Heads Up, Ears Down

This blog accurately identifies depictions of violence and cruelty toward animals in films. The purpose is to provide viewers with a reliable guide so that such depictions do not come as unwelcome surprises. Films will be accurately notated, providing a time cue for each incident along with a concise description of the scene and perhaps relevant context surrounding the incident. In order to serve as a useful reference tool, films having no depictions of violence to animals will be included, with an indication that there are no such scenes. This is confirmation that the films have been watched with the stated purpose in mind.


Note that the word depictions figures prominently in the objective. It is a travesty that discussions about cruelty in film usually are derailed by the largely unrelated assertion that no animals really were hurt (true only in some films, dependent upon many factors), and that all this concern is just over a simulation. Not the point, whether true or false. We do not smugly dismiss depictions of five-year-olds being raped because those scenes are only simulations. No, we are appalled that such images are even staged, and we are appropriately horrified that the notion now has been planted into the minds of the weak and cruel.


Depictions of violence or harm to animals are assessed in keeping with our dominant culture, with physical abuse, harmful neglect, and similar mistreatment serving as a base line. This blog does not address extended issues of animal welfare, and as such does not identify scenes of people eating meat or mules pulling plows. The goal is to itemize images that might cause a disturbance in a compassionate household.


These notes provide a heads-up but do not necessarily discourage watching a film because of depicted cruelty. Consuming a piece of art does not make you a supporter of the ideas presented. Your ethical self is created by your public rhetoric and your private actions, not by your willingness to sit through a filmed act of violence.

Searching for the Wrong-Eyed Jesus

Searching for the Wrong-Eyed Jesus. Andrew Douglas, 2005.
😸
Edition screened: Home Vision DVD, released 2006. English language. Runtime approximately 82 minutes.

Summary: No depictions of violence toward animals.

This exploration into small-town life in the deep south is at times surprisingly truthful, at other times conspicuously disingenuous. Douglas’s depiction is suspiciously void of racism and animal abuse, both cherished components of traditional rural culture.


The Searchers

The Searchers. John Ford, 1956.
😿😿
Edition screened: Warner Blu-ray, released 2006. English language. Runtime approximately 119 minutes.

Summary: Murdered animals.

Details:
1) Several cattle are found lying dead, killed by spears, 15:34-15:52.
2) John Wayne shoots one buffalo in a large herd and we see it fall dead at 1:09:42. He then fires insanely into the herd through 1:10:22, screaming something about ‘Guns Save Lives!’
3) A Native American camp has been raided, with dead horses lying about 1:11:20-1:11:38.

Sea of Love

Sea of Love. Harold Becker, 1989.
😸
Edition screened: Universal DVD released 1998. English language. Runtime approximately 153 minutes.

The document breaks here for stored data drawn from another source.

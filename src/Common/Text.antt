-- ===== src/Common/Text.antt =====
-- Text as the source handles it: a list of code units where it builds or orders text, native
-- `String` where it only passes text on or tests it.
use Prim.Native.Nat.{ℕ}
use Prim.Native.String.{String}
use mathlib.Core.Path.{◌≡◌}
use mathlib.Core.Logic.{◌↔◌}
use mathlib.Core.Bool.{Bool, true, false, ◌&&◌}
use mathlib.Core.List.{List, [], ◌∷◌}
use native.Mathlib.Omega.{arith}
use roost_assured.Common.Tests.{if◌then◌else◌, Comparable, string_key, ◌==◌, nat_beq}

-- `!text`: the empty text is falsy.
abbrev pub is_empty : String → Bool
is_empty s = s == ""

-- `text || other`.
abbrev pub text_or : String → String → String
text_or s other = if is_empty s then other else s

-- `===` on lists of code units.
abbrev pub text_beq : List ℕ → List ℕ → Bool
text_beq [] [] = true
text_beq (c ∷ cs) (d ∷ ds) = nat_beq c d && text_beq cs ds
text_beq _ _ = false

pub text_beq_iff : (cs ds : List ℕ) → (text_beq cs ds ≡ true) ↔ (cs ≡ ds)
text_beq_iff [] [] = ground arith
text_beq_iff [] (d ∷ ds) = ground arith
text_beq_iff (c ∷ cs) [] = ground arith
text_beq_iff (c ∷ cs) (d ∷ ds) = ground (arith, text_beq_iff cs ds)

instance abbrev pub text_key : Comparable (List ℕ)
text_key = record { same = text_beq; same_iff = text_beq_iff }
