-- ===== src/Api.antt =====
-- app/frontend/lib/api.js: the requests of the client. `fetch` itself is the environment: a request
-- is what is handed to it, an answer what it resolves with. JSON and Base64 are parameters.
pub mod Laws
mod Examples
use text.Mathlib.Text.{starts_with}
use Prim.Native.String.{◌++◌ as text_append}
use roost_assured.Common.{
  ℕ, zero, suc, ◌+◌, ◌-◌, ◌*◌, ◌/◌, ◌%◌, ◌≤◌, ◌<◌, String, ◌≡◌, refl, sym, ap, ◌∙◌, ◌≢◌, ◌↔◌, ◌⊎◌,
  inl, inr, Bool, true, false, not, ◌&&◌, ◌||◌, Option, none, some, List, [], ◌∷◌, ◌++◌, map, arith,
  ltb, leb, nat_beq, if◌then◌else◌, ltb→lt, lt→ltb, nat_beq_iff, Bool-cases, Option-cases,
  Comparable, ◌==◌, number_key, string_key, ==_refl, ==_false, ==_comm, length, All, keep, any,
  every, find, when, length-append, length-keep, keep-append, keep-keep, contains, contains-append,
  contains-keep,
}
use roost_assured.Common.Text.{is_empty, text_or}

pub data Method : Type 0 where
  get post patch delete : Method

-- The `body` option: left out, a `FormData`, or another value.
pub data Body (F J : Type 0) : Type 0 where
  no_body : Body F J
  form_data : F → Body F J
  json : J → Body F J

-- What `fetch` sends of it.
pub data Payload (F : Type 0) : Type 0 where
  nothing : Payload F
  form : F → Payload F
  json_text : String → Payload F

-- The argument of `fetch`; `credentials: "include"` is on every request.
pub record Request (F : Type 0) : Type 0 where
  pub url : String
  pub method : Method
  pub headers : List (String × String)
  pub body : Payload F

-- The `Response`, with the text that `response.text()` gives.
pub record Answer : Type 0 where
  pub status : ℕ
  pub text : String

-- The key `ADMIN_AUTH_KEY` of the session storage.
pub record Session : Type 0 where
  pub admin_auth : Option String

-- What a call does besides: the event that tells the admin pages to ask for the password again.
pub data Event : Type 0 where
  admin_auth_required : Event

-- The promise of a call: the data, `none` for null, or the error that is thrown.
pub data Outcome (D : Type 0) : Type 0 where
  resolved : Option D → Outcome D
  thrown : String → ℕ → Option D → Outcome D

-- `response.ok`.
unfoldable pub is_ok : Answer → Bool
is_ok r = leb 200 r.status && leb r.status 299

unfoldable pub join : List String → String
join [] = ""
join (s ∷ []) = s
join (s ∷ t ∷ rest) = text_append s (text_append ", " (join (t ∷ rest)))

-- What `JSON` and `btoa` do: the text of a value, the value of a text (`none` where `JSON.parse`
-- throws, and for null), and the member `errors` of a value, an array or missing.
pub record Codec (J D : Type 0) : Type 0 where
  pub stringify : J → String
  pub parse : String → Option D
  pub errors : D → Option (List String)
  pub btoa : String → String

unfoldable pub get_admin_auth : Session → Option String
get_admin_auth s = s.admin_auth

unfoldable pub clear_admin_auth : Session → Session
clear_admin_auth s = record { admin_auth = none }

abbrev header_of : String → Option String → List (String × String)
header_of name none = []
header_of name (some value) = (name, value) ∷ []

-- A text counts unless it is missing or empty.
abbrev pub truthy : Option String → Option String
truthy none = none
truthy (some s) = if is_empty s then none else some s

abbrev basic : Option String → Option String
basic none = none
basic (some s) = some (text_append "Basic " s)

-- `(data && data.errors && data.errors.join(", ")) || "Request failed"`.
abbrev error_message : Option (List String) → String
error_message none = "Request failed"
error_message (some es) = text_or (join es) "Request failed"

module _ {J D : Type 0} (codec : Codec J D) where
  open codec use {stringify, parse, errors, btoa}

  unfoldable pub set_admin_auth : String → String → Session → Session
  set_admin_auth username password s = record {
    admin_auth = some (btoa (text_append username (text_append ":" password)));
  }

  abbrev read_text : String → Option D
  read_text t = if is_empty t then none else parse t

  abbrev error_list : Option D → Option (List String)
  error_list none = none
  error_list (some d) = errors d

  -- The second half of `request`, from the answer on.
  unfoldable pub settle : Session → String → Answer → Outcome D × Session × List Event
  unfolding is_ok clear_admin_auth join
  settle session path r =
      let d = read_text r.text in
      let signed_out = nat_beq r.status 401 && starts_with path "/admin" in
      if is_ok r then (resolved d, session, []) else (
        thrown (error_message (error_list d)) r.status d,
        if signed_out then clear_admin_auth session else session,
        when signed_out (admin_auth_required ∷ []),
      )

abbrev is_json : {F J : Type 0} → Body F J → Bool
is_json (json v) = true
is_json _ = false

module _ {J D F : Type 0} (codec : Codec J D) where
  abbrev payload : Body F J → Payload F
  payload no_body = nothing
  payload (form_data d) = form d
  payload (json v) = json_text (codec.stringify v)

  -- The first half of `request`, up to the call of `fetch`.
  unfoldable pub build_request : Option String → Session → String → Method → Body F J → Request F
  unfolding get_admin_auth
  build_request csrf_token session path method body = record {
    url = text_append "/api" path;
    method = method;
    headers =
        ("Accept", "application/json")
        ∷ (header_of "X-CSRF-Token" (truthy csrf_token)
            ++ (when (is_json body) (("Content-Type", "application/json") ∷ [])
                ++ when (starts_with path "/admin")
                    (header_of "Authorization" (basic (truthy (get_admin_auth session))))));
    body = payload body;
  }

-- What a caller sees of a call: the value that it awaited, or `err.data?.errors` of the error.
pub data Settled {ℓ} (A : Type ℓ) : Type ℓ where
  fulfilled : A → Settled A
  rejected : Option (List String) → Settled A

-- `err.data?.errors?.join(", ") || text`.
unfoldable pub message_or : Option (List String) → String → String
unfolding join
message_or none other = other
message_or (some es) other = text_or (join es) other

-- `err.data?.errors || [text]`: an empty array counts.
unfoldable pub errors_or : Option (List String) → String → List String
errors_or none other = other ∷ []
errors_or (some es) other = es
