-- ===== src/Common/Sets.antt =====
-- The `Set` of the source: its values in the order of insertion, no value twice.
use mathlib.Core.Path.{◌≡◌, refl}
use mathlib.Core.Logic.{inl, inr}
use mathlib.Core.Bool.{Bool, false, not, ◌&&◌, ◌||◌}
use mathlib.Core.List.{List, [], ◌∷◌, ◌++◌}
use native.Mathlib.Omega.{arith}
use roost_assured.Common.Tests.{if◌then◌else◌, Comparable, ◌==◌, Bool-cases}
use roost_assured.Common.Lists.{contains, keep, contains-append, contains-keep}

module _ {ℓ} {A : Type ℓ} ⦃e : Comparable A⦄ where
  -- `set.add(value)`.
  unfoldable pub add : A → List A → List A
  add y xs = if contains xs y then xs else xs ++ y ∷ []

  -- `set.delete(value)`.
  unfoldable pub delete : A → List A → List A
  delete y xs = keep (λ x. not (x == y)) xs

  add_all : List A → List A → List A
  add_all xs [] = xs
  add_all xs (y ∷ ys) = add_all (add y xs) ys

  -- `Array.from(new Set(list))`.
  unfoldable pub set_of : List A → List A
  unfolding add_all add
  set_of ys = add_all [] ys

  -- No value stands twice.
  abbrev pub Distinct : List A → Type 0
  Distinct [] = Unit
  Distinct (x ∷ xs) = (contains xs x ≡ false) × Distinct xs

  pub contains-add : (y : A) (xs : List A) (z : A) → contains (add y xs) z ≡ y == z || contains xs z
  unfolding add
  contains-add y xs z = ground (arith, contains-append xs (y ∷ []) z, e.same_iff y z)

  pub contains-delete :
      (y : A) (xs : List A) (z : A) → contains (delete y xs) z ≡ not (z == y) && contains xs z
  unfolding delete
  contains-delete y xs z = contains-keep (λ x. not (x == y)) xs z

  pub Distinct-snoc :
      (xs : List A) (y : A) → Distinct xs → contains xs y ≡ false → Distinct (xs ++ y ∷ [])
  Distinct-snoc [] y d h = (refl, tt)
  Distinct-snoc (x ∷ xs) y d h = (
    ground (arith, contains-append xs (y ∷ []) x, e.same_iff x y, e.same_iff y x),
    Distinct-snoc xs y d.1 (ground arith),
  )

  pub Distinct-add : (y : A) (xs : List A) → Distinct xs → Distinct (add y xs)
  unfolding add
  Distinct-add y xs d = elim (Bool-cases (contains xs y)) [
    | inl old ↦ rw old d
    | inr fresh ↦ rw fresh (Distinct-snoc xs y d fresh)
  ]

  pub Distinct-keep : (test : A → Bool) (xs : List A) → Distinct xs → Distinct (keep test xs)
  Distinct-keep test [] d = tt
  Distinct-keep test (x ∷ xs) d = elim (Bool-cases (test x)) [
    | inl p ↦ rw p (ground (arith, contains-keep test xs x), Distinct-keep test xs d.1)
    | inr p ↦ rw p (Distinct-keep test xs d.1)
  ]

  pub Distinct-delete : (y : A) (xs : List A) → Distinct xs → Distinct (delete y xs)
  unfolding delete
  Distinct-delete y xs d = Distinct-keep (λ x. not (x == y)) xs d

  contains-add_all :
      (xs ys : List A) (z : A) → contains (add_all xs ys) z ≡ contains xs z || contains ys z
  unfolding add_all
  contains-add_all xs [] z = ground arith
  contains-add_all xs (y ∷ ys) z =
      ground (arith, contains-add_all (add y xs) ys z, contains-add y xs z)

  pub contains-set_of : (ys : List A) (z : A) → contains (set_of ys) z ≡ contains ys z
  unfolding set_of
  contains-set_of ys z = contains-add_all [] ys z

  Distinct-add_all : (xs ys : List A) → Distinct xs → Distinct (add_all xs ys)
  unfolding add_all
  Distinct-add_all xs [] d = d
  Distinct-add_all xs (y ∷ ys) d = Distinct-add_all (add y xs) ys (Distinct-add y xs d)

  pub Distinct-set_of : (ys : List A) → Distinct (set_of ys)
  unfolding set_of
  Distinct-set_of ys = Distinct-add_all [] ys tt

  -- `set.has(value) ? set.delete(value) : set.add(value)`.
  unfoldable pub flip : A → List A → List A
  flip y xs = if contains xs y then delete y xs else add y xs

  pub contains-flip :
      (y : A) (xs : List A) (z : A)
      → contains (flip y xs) z ≡ (if z == y then not (contains xs y) else contains xs z)
  unfolding flip
  contains-flip y xs z = elim (Bool-cases (contains xs y)) [
    | inl old ↦ rw (old, contains-delete y xs z) (ground (arith, e.same_iff z y))
    | inr fresh ↦ rw (fresh, contains-add y xs z) (ground (arith, e.same_iff z y, e.same_iff y z))
  ]

  pub Distinct-flip : (y : A) (xs : List A) → Distinct xs → Distinct (flip y xs)
  unfolding flip
  Distinct-flip y xs d = elim (Bool-cases (contains xs y)) [
    | inl old ↦ rw old (Distinct-delete y xs d)
    | inr fresh ↦ rw fresh (Distinct-add y xs d)
  ]
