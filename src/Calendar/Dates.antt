-- ===== src/Calendar/Dates.antt =====
-- Local dates and the text keys that the calendars make of them: `toDateKey` of
-- app/frontend/components/CalendarPicker.jsx, `dateKey` and `parseDateKey` of
-- app/frontend/components/RequestedDatesCalendar.jsx, and what they use of JavaScript's `Date`.
-- A `Date` at local midnight is its year, month (from 0) and date; a text is the list of its
-- code units. Years are those of `Date`, below 10^6.
pub mod Keys
pub mod Weekdays
use mathlib.Core.Option
use roost_assured.Common.{
  ℕ, zero, suc, ◌+◌, ◌-◌, ◌*◌, ◌/◌, ◌%◌, ◌≤◌, ◌≡◌, Bool, true, false, not, ◌&&◌, ◌||◌, Option, none,
  some, List, [], ◌∷◌, ◌++◌, ltb, leb, nat_beq, if◌then◌else◌,
}

pub record LocalDate : Type 0 where
  pub year : ℕ
  pub month : ℕ
  pub date : ℕ

abbrev pub local : ℕ → ℕ → ℕ → LocalDate
local y m d = record { year = y; month = m; date = d }

-- The year that `new Date(year, ...)` takes a number for: 0 to 99 are 1900 to 1999.
unfoldable pub full_year : ℕ → ℕ
full_year y = if leb y 99 then 1900 + y else y

-- `new Date(year, month, day)`.
abbrev pub new_date : ℕ → ℕ → ℕ → LocalDate
new_date y m d = local (full_year y) m d

unfoldable pub is_leap : ℕ → Bool
is_leap y =
    if not (nat_beq (y % 4) 0)
    then false
    else if not (nat_beq (y % 100) 0)
    then true
    else nat_beq (y % 400) 0

-- The days of a month of the calendar.
unfoldable pub month_length : ℕ → ℕ → ℕ
unfolding is_leap
month_length y m =
    if nat_beq m 1
    then (if is_leap y then 29 else 28)
    else if nat_beq m 3 || nat_beq m 5 || nat_beq m 8 || nat_beq m 10
    then 30
    else 31

-- `new Date(year, month + 1, 0).getDate()`.
unfoldable pub days_in_month : ℕ → ℕ → ℕ
unfolding month_length
days_in_month y m = month_length (full_year y) m

-- `date.setDate(date.getDate() + 1)`.
unfoldable pub next_day : LocalDate → LocalDate
next_day t =
    if ltb t.date (month_length t.year t.month)
    then record t { date = t.date + 1 }
    else if ltb t.month 11
    then local t.year (t.month + 1) 1
    else local (t.year + 1) 0 1

days_before_month : ℕ → ℕ → ℕ
days_before_month y zero = 0
days_before_month y (suc m) = days_before_month y m + month_length y m

-- The days before January 1st, for years from 1.
days_before_year : ℕ → ℕ
days_before_year y = let p = y - 1 in p * 365 + p / 4 - p / 100 + p / 400

-- The weekday on which a month of the calendar begins, 0 for Sunday.
unfoldable pub month_weekday : ℕ → ℕ → ℕ
unfolding days_before_month days_before_year
month_weekday y m = (days_before_year y + days_before_month y m + 1) % 7

-- `new Date(year, month, 1).getDay()`.
unfoldable pub first_weekday : ℕ → ℕ → ℕ
unfolding month_weekday
first_weekday y m = month_weekday (full_year y) m

-- `a < b` and `a <= b` on dates.
unfoldable pub date_lt : LocalDate → LocalDate → Bool
date_lt a b =
    if nat_beq a.year b.year
    then (if nat_beq a.month b.month then ltb a.date b.date else ltb a.month b.month)
    else ltb a.year b.year

abbrev pub date_le : LocalDate → LocalDate → Bool
date_le a b = not (date_lt b a)

-- `new Date(Math.max(a, b))`.
abbrev pub later : LocalDate → LocalDate → LocalDate
later a b = if date_lt a b then b else a

-- `String(n)`, for n below 10 ^ 7.
unfoldable pub decimal : ℕ → ℕ → List ℕ
decimal zero n = []
decimal (suc fuel) n =
    let front = decimal fuel (n / 10) in
    if ltb n 10 then (48 + n) ∷ [] else front ++ (48 + n % 10) ∷ []

unfoldable pub text_of : ℕ → List ℕ
unfolding decimal
text_of n = decimal 7 n

-- `text.padStart(2, "0")`.
unfoldable pub pad_start : List ℕ → List ℕ
pad_start [] = b'0' ∷ b'0' ∷ []
pad_start (c ∷ []) = b'0' ∷ c ∷ []
pad_start cs = cs

unfoldable pub to_date_key : LocalDate → List ℕ
unfolding text_of pad_start
to_date_key t =
    text_of t.year
    ++ (b'-' ∷ (pad_start (text_of (t.month + 1)) ++ (b'-' ∷ pad_start (text_of t.date))))

-- A date that the calendar has, with a year of four digits.
pub record IsDate (t : LocalDate) : Type 0 where
  pub year_in : (1000 ≤ t.year) × (t.year ≤ 9999)
  pub month_in : t.month ≤ 11
  pub date_in : (1 ≤ t.date) × (t.date ≤ month_length t.year t.month)

-- `key.split("-")`.
split_dash : List ℕ → List (List ℕ)
split_dash [] = [] ∷ []
split_dash (c ∷ cs) = elim (split_dash cs) [
  | [] ↦ []
  | part ∷ parts ↦ if nat_beq c b'-' then [] ∷ part ∷ parts else (c ∷ part) ∷ parts
]

-- `Number(text)` of a text of digits.
number_from : ℕ → List ℕ → ℕ
number_from n [] = n
number_from n (c ∷ cs) = number_from (n * 10 + (c - b'0')) cs

-- The year, month and day that the parts of a key name; `none` stands for an invalid `Date`.
of_parts : List (List ℕ) → Option (ℕ × ℕ × ℕ)
of_parts (y ∷ m ∷ d ∷ _) = some (number_from 0 y, number_from 0 m, number_from 0 d)
of_parts _ = none

-- `parseDateKey(key)`.
unfoldable pub parse_date_key : List ℕ → Option LocalDate
unfolding split_dash of_parts number_from
parse_date_key key = Option.map (λ (y, m, d). new_date y (m - 1) d) (of_parts (split_dash key))

-- `new Date(key + "T00:00:00")`, which takes the year as it stands.
unfoldable pub read_date : List ℕ → Option LocalDate
unfolding split_dash of_parts number_from
read_date key = Option.map (λ (y, m, d). local y (m - 1) d) (of_parts (split_dash key))
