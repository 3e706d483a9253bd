-- ===== src/Calendar/Texts.antt =====
-- The order of texts is linear, and `array.sort()` lists a set in it, in one way only.
use roost_assured.Common.{
  ℕ, ◌≡◌, refl, inl, inr, Bool, true, false, ◌||◌, List, [], ◌∷◌, arith, ltb, nat_beq,
  if◌then◌else◌, Bool-cases, ◌==◌, number_key, string_key, All, contains,
}
use roost_assured.Common.Text.{text_beq_iff, text_key}
use roost_assured.Common.Sets.{Distinct}

-- `<` on texts: by code units, from the left.
unfoldable pub text_lt : List ℕ → List ℕ → Bool
text_lt _ [] = false
text_lt [] (d ∷ ds) = true
text_lt (c ∷ cs) (d ∷ ds) = if nat_beq c d then text_lt cs ds else ltb c d

pub text_lt_irrefl : (cs : List ℕ) → text_lt cs cs ≡ false
unfolding text_lt
text_lt_irrefl [] = refl
text_lt_irrefl (c ∷ cs) = ground (arith, text_lt_irrefl cs)

pub text_lt_trans :
    (cs ds es : List ℕ) → text_lt cs ds ≡ true → text_lt ds es ≡ true → text_lt cs es ≡ true
unfolding text_lt
text_lt_trans cs [] es h k = ground arith
text_lt_trans cs (d ∷ ds) [] h k = ground arith
text_lt_trans [] (d ∷ ds) (e ∷ es) h k = refl
text_lt_trans (c ∷ cs) (d ∷ ds) (e ∷ es) h k = ground (arith, text_lt_trans cs ds es)

pub text_lt_total :
    (cs ds : List ℕ) → (cs == ds) ≡ false → text_lt cs ds ≡ false → text_lt ds cs ≡ true
unfolding text_lt
text_lt_total [] [] n h = cc
text_lt_total [] (d ∷ ds) n h = ground arith
text_lt_total (c ∷ cs) [] n h = refl
text_lt_total (c ∷ cs) (d ∷ ds) n h = ground (arith, text_lt_total cs ds)

insert_text : List ℕ → List (List ℕ) → List (List ℕ)
insert_text k [] = k ∷ []
insert_text k (x ∷ xs) = if text_lt x k then x ∷ insert_text k xs else k ∷ x ∷ xs

-- `array.sort()` on texts.
unfoldable pub sort : List (List ℕ) → List (List ℕ)
unfolding insert_text
sort [] = []
sort (x ∷ xs) = insert_text x (sort xs)

-- Each text comes before all that follow it.
abbrev pub IsAscending : List (List ℕ) → Type 0
IsAscending [] = Unit
IsAscending (x ∷ xs) = All (λ y. text_lt x y ≡ true) xs × IsAscending xs

contains-insert_text :
    (k : List ℕ) (xs : List (List ℕ)) (y : List ℕ)
    → contains (insert_text k xs) y ≡ k == y || contains xs y
unfolding insert_text
contains-insert_text k [] y = refl
contains-insert_text k (x ∷ xs) y = ground (arith, contains-insert_text k xs y)

pub contains-sort : (xs : List (List ℕ)) (y : List ℕ) → contains (sort xs) y ≡ contains xs y
unfolding sort
contains-sort [] y = refl
contains-sort (x ∷ xs) y = ground (arith, contains-insert_text x (sort xs) y, contains-sort xs y)

All-lt_trans :
    (k x : List ℕ) (xs : List (List ℕ))
    → text_lt k x ≡ true
    → All (λ y. text_lt x y ≡ true) xs
    → All (λ y. text_lt k y ≡ true) xs
All-lt_trans k x [] h a = tt
All-lt_trans k x (y ∷ ys) h a = (text_lt_trans k x y h a.0, All-lt_trans k x ys h a.1)

All-insert_text :
    (z k : List ℕ) (xs : List (List ℕ))
    → text_lt z k ≡ true
    → All (λ y. text_lt z y ≡ true) xs
    → All (λ y. text_lt z y ≡ true) (insert_text k xs)
unfolding insert_text
All-insert_text z k [] h a = (h, tt)
All-insert_text z k (x ∷ xs) h a = elim (Bool-cases (text_lt x k)) [
  | inl p ↦ rw p (a.0, All-insert_text z k xs h a.1)
  | inr p ↦ rw p (h, a)
]

insert_text-IsAscending :
    (k : List ℕ) (xs : List (List ℕ))
    → contains xs k ≡ false
    → IsAscending xs
    → IsAscending (insert_text k xs)
unfolding insert_text
insert_text-IsAscending k [] n a = (tt, tt)
insert_text-IsAscending k (x ∷ xs) n a = elim (Bool-cases (text_lt x k)) [
  | inl p ↦ rw p (All-insert_text x k xs p a.0, insert_text-IsAscending k xs (ground arith) a.1)
  | inr p ↦ rw p (
      let below = text_lt_total x k (ground arith) p in ((below, All-lt_trans k x xs below a.0), a))
]

-- What `sort` makes of a set is ascending.
pub sort-IsAscending : (xs : List (List ℕ)) → Distinct xs → IsAscending (sort xs)
unfolding sort
sort-IsAscending [] d = tt
sort-IsAscending (x ∷ xs) d =
    insert_text-IsAscending x (sort xs) (rw (contains-sort xs x) d.0) (sort-IsAscending xs d.1)

not-contains_of_All :
    (x : List ℕ) (xs : List (List ℕ)) → All (λ y. text_lt x y ≡ true) xs → contains xs x ≡ false
not-contains_of_All x [] a = refl
not-contains_of_All x (y ∷ ys) a =
    ground (arith, text_beq_iff y x, text_lt_irrefl x, not-contains_of_All x ys a.1)

-- An ascending list holds no text twice.
pub IsAscending-Distinct : (xs : List (List ℕ)) → IsAscending xs → Distinct xs
IsAscending-Distinct [] a = tt
IsAscending-Distinct (x ∷ xs) a = (not-contains_of_All x xs a.0, IsAscending-Distinct xs a.1)

contains_of_All :
    (x z : List ℕ) (xs : List (List ℕ))
    → All (λ y. text_lt x y ≡ true) xs
    → contains xs z ≡ true
    → text_lt x z ≡ true
contains_of_All x z [] a h = cc
contains_of_All x z (y ∷ ys) a h = ground (arith, text_beq_iff y z, contains_of_All x z ys a.1)

-- The heads of two ascending lists of the same texts are equal, and the tails hold the same texts.
module _ (x y : List ℕ) (xs ys : List (List ℕ)) where
  heads_eq :
      IsAscending (x ∷ xs)
      → IsAscending (y ∷ ys)
      → ((z : List ℕ) → contains (x ∷ xs) z ≡ contains (y ∷ ys) z)
      → x ≡ y
  heads_eq a b same = ground (
    arith,
    text_beq_iff x y,
    text_beq_iff y x,
    text_beq_iff x x,
    text_beq_iff y y,
    same x,
    same y,
    contains_of_All x y xs a.0,
    contains_of_All y x ys b.0,
    text_lt_trans x y x,
    text_lt_irrefl x,
  )

-- A set has one ascending list only: two such lists that hold the same texts are equal.
pub IsAscending-ext :
    (xs ys : List (List ℕ))
    → IsAscending xs
    → IsAscending ys
    → ((z : List ℕ) → contains xs z ≡ contains ys z)
    → xs ≡ ys
IsAscending-ext [] [] a b same = refl
IsAscending-ext [] (y ∷ ys) a b same = ground (arith, same y, text_beq_iff y y)
IsAscending-ext (x ∷ xs) [] a b same = ground (arith, same x, text_beq_iff x x)
IsAscending-ext (x ∷ xs) (y ∷ ys) a b same =
    let head = heads_eq x y xs ys a b same in
    let tail : xs ≡ ys = IsAscending-ext xs ys a.1 b.1 (λ z. ground (
      arith,
      head,
      same z,
      text_beq_iff x z,
      text_beq_iff y z,
      not-contains_of_All x xs a.0,
      not-contains_of_All y ys b.0,
    )) in
    cc (head, tail)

Summary: No particular depictions of violence or harm to animals.



Scouting in Palestine

Scouting in Palestine (Sopralluoghi in Palestina per il vangelo secondo Matteo). Pier Paolo Pasolini, 1965.
😸
Edition screened: Included on Eureka! Masters of Cinema Blu-ray #33, The Gospel According to Matthew, released 2012. Italian language with English subtitles. Runtime approximately 54 minutes.

Summary: No depictions of violence or harm to animals.

While scouting locations around Palestine for the filming of The Gospel According to Matthew, Pasolini realized that he needed to shoot in Italy instead. The trip was valuable to the director for larger culturally preparatory reasons.



Score

Score. Radley Metzger, 1973.
😸
Edition screened: Cult Epics Blu-ray, released 2010. English language. Runtime approximately 92 minutes.

Summary: No particular depictions of violence toward animals. 2.5/5




The Science of Sleep

The Science of Sleep. Michel Gondry, 2006.
😸
Edition screened: Warner DVD, released 2007. English and French language with English subtitles. Runtime approximately 105 minutes.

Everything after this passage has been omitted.